"LGB" zamiast "LGBTQI+" na rządowych stronach. Decyzja Trumpa już działa

"LGB" zamiast "LGBTQI+" na rządowych stronach. Decyzja Trumpa już działa

Dodano: 
"Miesiąc dumy", flaga środowiska LGBT
"Miesiąc dumy", flaga środowiska LGBT Źródło: Unsplash / Anastasiia Chepinska
Efekty polityki Donalda Trumpa w zakresie gender i płci są już widoczne na rządowych stronach USA.

Donald Trump po zaprzysiężeniu na prezydenta USA w styczniu podpisał szereg aktów prawnych, w tym zarządzenie o "obronie kobiet przed ekstremizmem ideologii gender", które przywraca "biologiczną prawdę rządowi federalnemu". Dokument zawiera wyraźne stwierdzenie, że istnieją tylko dwie płcie: męska i żeńska.

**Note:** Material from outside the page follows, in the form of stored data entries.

-- ===== src/Script/Parser/Levels.antt =====
-- internal/script/parser.go: `parsePostfix` keeps the promise.
use laskah.Prelude.{
  ℕ, zero, suc, ◌+◌, ◌≤◌, ◌≡◌, refl, Bool, true, false, Option, none, some, if◌then◌else◌, arith,
}
use laskah.Prelude.Text.{codes}
use laskah.Script.Outcome.{
  Outcome, ok, then_do, name_needed, Yields, value, Yields-then, Yields-if, Yields-map,
}
use laskah.Script.Lexer.{Reader, is_eof_kind, weight}
use laskah.Script.Syntax.{Node}
use laskah.Script.Parser.{Parser, Again, cur_kind, is_punct, moved}
use laskah.Script.Parser.Operators.{
  parse_index, parse_call, parse_member, parse_optional, postfix_round, postfix_loop, parse_postfix,
}
use laskah.Script.Parser.Sizes.{node_size, NodeIsClean}
use laskah.Script.Parser.Reads.{
  Good, Reads, moved-Reads, weight-positive, count_node-Reads, expect_punct-Reads, take_name-Reads,
  punct_is→token, ReadsNode, IsSound,
}
use laskah.Script.Parser.Items.{parse_args-Reads}
use laskah.Script.Parser.Primaries.{parse_expression-Reads, parse_primary-Reads}

module _ {R : Type 0} (u : Reader R) (f : ℕ) (r : Again R) (s : IsSound f r) where
  -- What is put behind an expression takes a token and one node more than was counted.
  abbrev Extends : Node R → Parser R → Node R × Parser R → Type 0
  Extends expr p (v, p') = Reads 1 (node_size v) (node_size expr + 1) p p' × NodeIsClean v

  parse_index-Extends :
      (expr : Node R) (optional : Bool) (p : Parser R)
      → NodeIsClean expr
      → Good p
      → is_eof_kind (cur_kind p) ≡ false
      → weight p.tokens ≤ suc f
      → Yields (Extends expr p) (parse_index u expr optional r p)
  unfolding parse_index node_size NodeIsClean
  parse_index-Extends expr optional p c g e b =
      let h = moved-Reads p g e in
      Yields-then (parse_expression-Reads r.assign f s.assign_lem (moved p) h.good (omega arith))
        λ (prop, p₁) h₁. Yields-then (expect_punct-Reads (codes "]") p₁ h₁.0.good) λ (_, p₂) h₂.
          value (record { good = h₂.good; shorter = omega arith; counted = omega arith }, (c, h₁.1))

  parse_call-Extends :
      (expr : Node R) (optional : Bool) (p : Parser R)
      → NodeIsClean expr
      → Good p
      → weight p.tokens ≤ suc f
      → Yields (Extends expr p) (parse_call u expr optional r p)
  unfolding parse_call node_size NodeIsClean
  parse_call-Extends expr optional p c g b =
      Yields-then (parse_args-Reads f r s p g b) λ (args, p₁) h₁.
        value (record { good = h₁.0.good; shorter = omega arith; counted = omega arith }, (c, h₁.1))

  parse_member-Extends :
      (expr : Node R) (optional : Bool) (p : Parser R)
      → NodeIsClean expr
      → Good p
      → Yields (Extends expr p) (parse_member u expr optional p)
  unfolding parse_member node_size NodeIsClean
  parse_member-Extends expr optional p c g =
      Yields-then (take_name-Reads name_needed p g) λ (name, p₁) h₁.
        value (record { good = h₁.good; shorter = omega arith; counted = omega arith }, c)

  parse_optional-Extends :
      (expr : Node R) (p : Parser R)
      → NodeIsClean expr
      → Good p
      → weight p.tokens ≤ suc f
      → Yields (Extends expr p) (parse_optional u expr r p)
  unfolding parse_optional
  parse_optional-Extends expr p c g b =
      Yields-if (is_punct (codes "(") p) (λ _. parse_call-Extends expr true p c g b)
        (λ _.
          Yields-if (is_punct (codes "[") p)
            (λ e. parse_index-Extends expr true p c g (punct_is→token (codes "[") (cur_kind p) e) b)
            (λ _. parse_member-Extends expr true p c g))

  -- One more token was taken in front.
  after_move :
      (expr : Node R) (p : Parser R) (o : Outcome (Node R × Parser R))
      → Reads 1 0 0 p (moved p)
      → Yields (Extends expr (moved p)) o
      → Yields (Extends expr p) o
  after_move expr p o h y =
      Yields-map
        (λ x q. (record { good = q.0.good; shorter = omega arith; counted = omega arith }, q.1)) y

  -- The rounds of the loop of `parsePostfix`.
  abbrev RoundExtends : Node R → Parser R → Option (Outcome (Node R × Parser R)) → Type 0
  RoundExtends expr p none = Unit
  RoundExtends expr p (some o) = Yields (Extends expr p) o

  RoundExtends-if :
      (expr : Node R) (p : Parser R) (test : Bool)
      (first other : Option (Outcome (Node R × Parser R)))
      → (test ≡ true → RoundExtends expr p first)
      → (test ≡ false → RoundExtends expr p other)
      → RoundExtends expr p (if test then first else other)
  RoundExtends-if expr p true first other y n = y refl
  RoundExtends-if expr p false first other y n = n refl

  postfix_round-Extends :
      (expr : Node R) (p : Parser R)
      → NodeIsClean expr
      → Good p
      → weight p.tokens ≤ suc f
      → RoundExtends expr p (postfix_round u expr r p)
  unfolding postfix_round
  postfix_round-Extends expr p c g b =
      RoundExtends-if expr p (is_punct (codes ".") p) _ _
        (λ e.
          let h = moved-Reads p g (punct_is→token (codes ".") (cur_kind p) e) in
          after_move expr p _ h (parse_member-Extends expr false (moved p) c h.good))
        (λ _.
          RoundExtends-if expr p (is_punct (codes "?.") p) _ _
            (λ e.
              let h = moved-Reads p g (punct_is→token (codes "?.") (cur_kind p) e) in
              after_move expr p _ h (parse_optional-Extends expr (moved p) c h.good (omega arith)))
            (λ _.
              RoundExtends-if expr p (is_punct (codes "[") p) _ _
                (λ e.
                  parse_index-Extends expr false p c g (punct_is→token (codes "[") (cur_kind p) e)
                    b)
                (λ _.
                  RoundExtends-if expr p (is_punct (codes "(") p) _ none
                    (λ _. parse_call-Extends expr false p c g b) (λ _. tt))))

  -- At the end of the loop one count is left to spare.
  postfix_loop-Reads :
      (n : ℕ) (expr : Node R) (p : Parser R)
      → NodeIsClean expr
      → Good p
      → weight p.tokens ≤ n
      → weight p.tokens ≤ suc f
      → Yields
          (λ (x : Node R × Parser R).
            Reads 0 (node_size x.0 + 1) (node_size expr) p x.1 × NodeIsClean x.0)
          (postfix_loop u n expr r p)
  unfolding postfix_loop
  postfix_loop-Reads zero expr p c g w b = absurd (omega (arith, weight-positive p g))
  postfix_loop-Reads (suc n) expr p c g w b = Yields-then (count_node-Reads p g) λ (_, p₁) h₁.
      from p₁ h₁ (postfix_round u expr r p₁) (postfix_round-Extends expr p₁ c h₁.good (omega arith))
        (λ expr' p' c' g' w' b'. postfix_loop-Reads n expr' p' c' g' w' b')
    where
      from :
          (p₁ : Parser R)
          → Reads 0 1 0 p p₁
          → (o : Option (Outcome (Node R × Parser R))) → RoundExtends expr p₁ o
          → ((expr' : Node R) (p' : Parser R)
              → NodeIsClean expr'
              → Good p'
              → weight p'.tokens ≤ n
              → weight p'.tokens ≤ suc f
              → Yields
                  (λ (x : Node R × Parser R).
                    Reads 0 (node_size x.0 + 1) (node_size expr') p' x.1 × NodeIsClean x.0)
                  (postfix_loop u n expr' r p'))
          → Yields
              (λ (x : Node R × Parser R).
                Reads 0 (node_size x.0 + 1) (node_size expr) p x.1 × NodeIsClean x.0)
              (elim o [
                | none ↦ ok (expr, p₁)
                | some m ↦ then_do m λ (expr', p'). postfix_loop u n expr' r p'
              ])
      from p₁ h₁ none y k =
          value (record { good = h₁.good; shorter = omega arith; counted = omega arith }, c)
      from p₁ h₁ (some m) y k = Yields-then y λ (expr', p₂) h₂.
          Yields-map
            (λ x q. (record { good = q.0.good; shorter = omega arith; counted = omega arith }, q.1))
            (k expr' p₂ h₂.1 h₂.0.good (omega arith) (omega arith))

  pub parse_postfix-Reads :
      (p : Parser R) → Good p → weight p.tokens ≤ suc f → Yields (ReadsNode p) (parse_postfix u r p)
  unfolding parse_postfix
  parse_postfix-Reads p g b = Yields-then (parse_primary-Reads f r s u p g b) λ (expr, p₁) h₁.
      Yields-map
        (λ x q. (record { good = q.0.good; shorter = omega arith; counted = omega arith }, q.1))
        (postfix_loop-Reads (suc (weight p₁.tokens)) expr p₁ h₁.1 h₁.0.good (omega arith)
          (omega arith))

Zabronione będzie umieszczanie mężczyzn w więzieniach dla kobiet oraz wykorzystywanie pieniędzy podatników do finansowania tranzycji więźniów.

Dodatkowo, według portalu ABC News, Biały Dom polecił agencjom federalnym usunięcie zaimków neutralnych płciowo z podpisów w służbowych mailach do godziny 17:00 czasu wschodniego (EST) w piątek.

Trump konsekwentnie walczy z ideologią gender

NBC News podało, że podjęto również działania, które prowadzą do usunięcia bądź modyfikacji treści dotyczących społeczności LGBTQ z rządowych stron internetowych. I tak na przykład na stronach Departamentu Stanu USA zmieniono terminologię – strona zawierająca informacje dla "Podróżujących LGBTQI" jest obecnie stroną dla "Podróżujących LGB" (oznacza to, że usunięto ze skrótowca litery "T" oraz "I" – oznaczające trans oraz interpłciowość; pozostawiono te, które oznaczają lesbijski, gejów i osoby biseksualne). Z kolei zasoby dla "LGBTQI+ przyszłych rodziców adopcyjnych" obecnie dotyczą jedynie "LGB przyszłych rodziców adopcyjnych".

Podobne zmiany zaszły także na stronie dotyczącej ubezpieczeń społecznych – sekcja związana z "ubezpieczeniem dla osób LGBTQI+" nazwana została "ubezpieczeniem dla osób LGBQ" – wyeliminowano odniesień do osób transpłciowych i interpłciowych.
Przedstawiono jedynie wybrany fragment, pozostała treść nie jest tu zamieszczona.